Conjugate updates

In an MCMC setting it is sometimes possible to employ certain types of efficient updates called "conjugate updates". They can be employed if the likelihood and the prior fit together like a glove, allowing to pin down the posterior density by identifying it with one of the standard distributions. For the parameters appearing in the diffusion's drift such prior–posterior pair can sometimes be taken to be Gaussian–Gaussian.

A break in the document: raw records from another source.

-- ===== src/Routing/Config.antt =====
-- MessageQueueToolkitSnsOptionsResolver.ts: the resolver's table of topics, what it finds in it, and the
-- names of cloud resources; `groupByUnique` of universal-ts-utils.
use shared_ts_libs.Base.{
  Bool, true, false, List, [], ◌∷◌, ◌++◌, none, some, Text, text_eq, codes, if◌then◌else◌, some_of,
}
use shared_ts_libs.Routing.Names.{
  QueueConfig, TopicConfig, RoutingError, duplicated_item, not_found, validate_topics_config,
  Removal,
}

pub data Outcome (A : Type 0) : Type 0 where
  ok : A → Outcome A
  throws : RoutingError → Outcome A

-- What a plain object has under a name: a value of its own, or what every object inherits.
pub data Property (A : Type 0) : Type 0 where
  own : A → Property A
  inherited : Property A
  absent : Property A

inherited_names : List Text
inherited_names =
    codes "constructor"
    ∷ codes "hasOwnProperty"
    ∷ codes "isPrototypeOf"
    ∷ codes "propertyIsEnumerable"
    ∷ codes "toLocaleString"
    ∷ codes "toString"
    ∷ codes "valueOf"
    ∷ codes "__defineGetter__"
    ∷ codes "__defineSetter__"
    ∷ codes "__lookupGetter__"
    ∷ codes "__lookupSetter__"
    ∷ codes "__proto__"
    ∷ []

unfoldable pub is_inherited : Text → Bool
unfolding inherited_names
is_inherited name = some_of (λ k. text_eq k name) inherited_names

module _ {A : Type 0} where
  unfoldable pub property_of : Text → List (Text × A) → Property A
  property_of name [] = if is_inherited name then inherited else absent
  property_of name ((k, a) ∷ rest) = if text_eq k name then own a else property_of name rest

  -- acc[key] !== undefined
  unfoldable pub is_taken : Text → List (Text × A) → Bool
  unfolding property_of
  is_taken key acc = elim (property_of key acc) [ own a ↦ true | inherited ↦ true | absent ↦ false ]

  unfoldable pub group_from : (A → Text) → List (Text × A) → List A → Outcome (List (Text × A))
  unfolding is_taken
  group_from key acc [] = ok acc
  group_from key acc (a ∷ rest) =
      let grouped = group_from key (acc ++ (key a, a) ∷ []) rest in
      if is_taken (key a) acc then throws (duplicated_item (key a)) else grouped

  unfoldable pub group_by_unique : (A → Text) → List A → Outcome (List (Text × A))
  unfolding group_from
  group_by_unique key items = group_from key [] items

abbrev pub and_then : {A B : Type 0} → Outcome A → (A → Outcome B) → Outcome B
and_then (ok a) f = f a
and_then (throws e) f = throws e

-- `{ ...topic, queues }`
pub record GroupedTopic : Type 0 where
  pub topic : TopicConfig
  pub queues : List (Text × QueueConfig)

unfoldable pub group_queues : TopicConfig → Outcome GroupedTopic
unfolding group_by_unique
group_queues t =
    and_then (group_by_unique (λ (q : QueueConfig). q.queue_name) t.queues)
      (λ queues. ok (record { topic = t; queues = queues }))

unfoldable pub group_each : List TopicConfig → Outcome (List GroupedTopic)
unfolding group_queues
group_each [] = ok []
group_each (t ∷ ts) =
    let rest = group_each ts in and_then (group_queues t) (λ g. and_then rest (λ gs. ok (g ∷ gs)))

-- The table of topics by name.
unfoldable pub group_topics : List TopicConfig → Outcome (List (Text × GroupedTopic))
unfolding group_each group_by_unique
group_topics topics =
    and_then (group_each topics)
      (λ gs. group_by_unique (λ (g : GroupedTopic). g.topic.topic_name) gs)

-- The constructor. The routing is the list of its topics; `remove` is the runtime's removal of a project.
unfoldable pub new_sns_resolver :
    Removal → Bool → Text → List TopicConfig → Outcome (List (Text × GroupedTopic))
unfolding group_topics
new_sns_resolver remove false project topics = group_topics topics
new_sns_resolver remove true project topics = elim (validate_topics_config remove project topics) [
  | some e ↦ throws e
  | none ↦ group_topics topics
]

-- A name that every object inherits is found too, and is no topic.
unfoldable pub get_topic_config :
    Text → List (Text × GroupedTopic) → Outcome (Property GroupedTopic)
unfolding property_of
get_topic_config name routing = elim (property_of name routing) [
  | own t ↦ ok (own t)
  | inherited ↦ ok inherited
  | absent ↦ throws (not_found name)
]

unfoldable pub get_queue_config : Text → GroupedTopic → Outcome (Property QueueConfig)
unfolding property_of
get_queue_config name t = elim (property_of name t.queues) [
  | own q ↦ ok (own q)
  | inherited ↦ ok inherited
  | absent ↦ throws (not_found name)
]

This package does not deal with MCMC sampling for diffusions; however, it defines macros that automatically build functions that are required for conjugate updates in DiffusionMCMC.jl. Below, we explain only how the macros introduced in DiffusionDefinition.jl work and give no further details about conjugate updates. To see more details about on this topic see [...].

Conjugate Gausian updates

To perform conjugate Gaussian updates in DiffusionMCMC.jl the following functions need to be defines for your diffusion law:

DiffusionDefinition.phi — Function

phi(::Val{T}, t, x, P) where T

If the drift can be written in a form:

\[b_θ(t, x) = θ^Tφ(t,x)+ϕ(t,x)\]

for parameters $θ$ that are being updated, then phi is a row of the matrix $φ(t,x)$ that get's multiplied by the coordinate of a θ vector with a name T.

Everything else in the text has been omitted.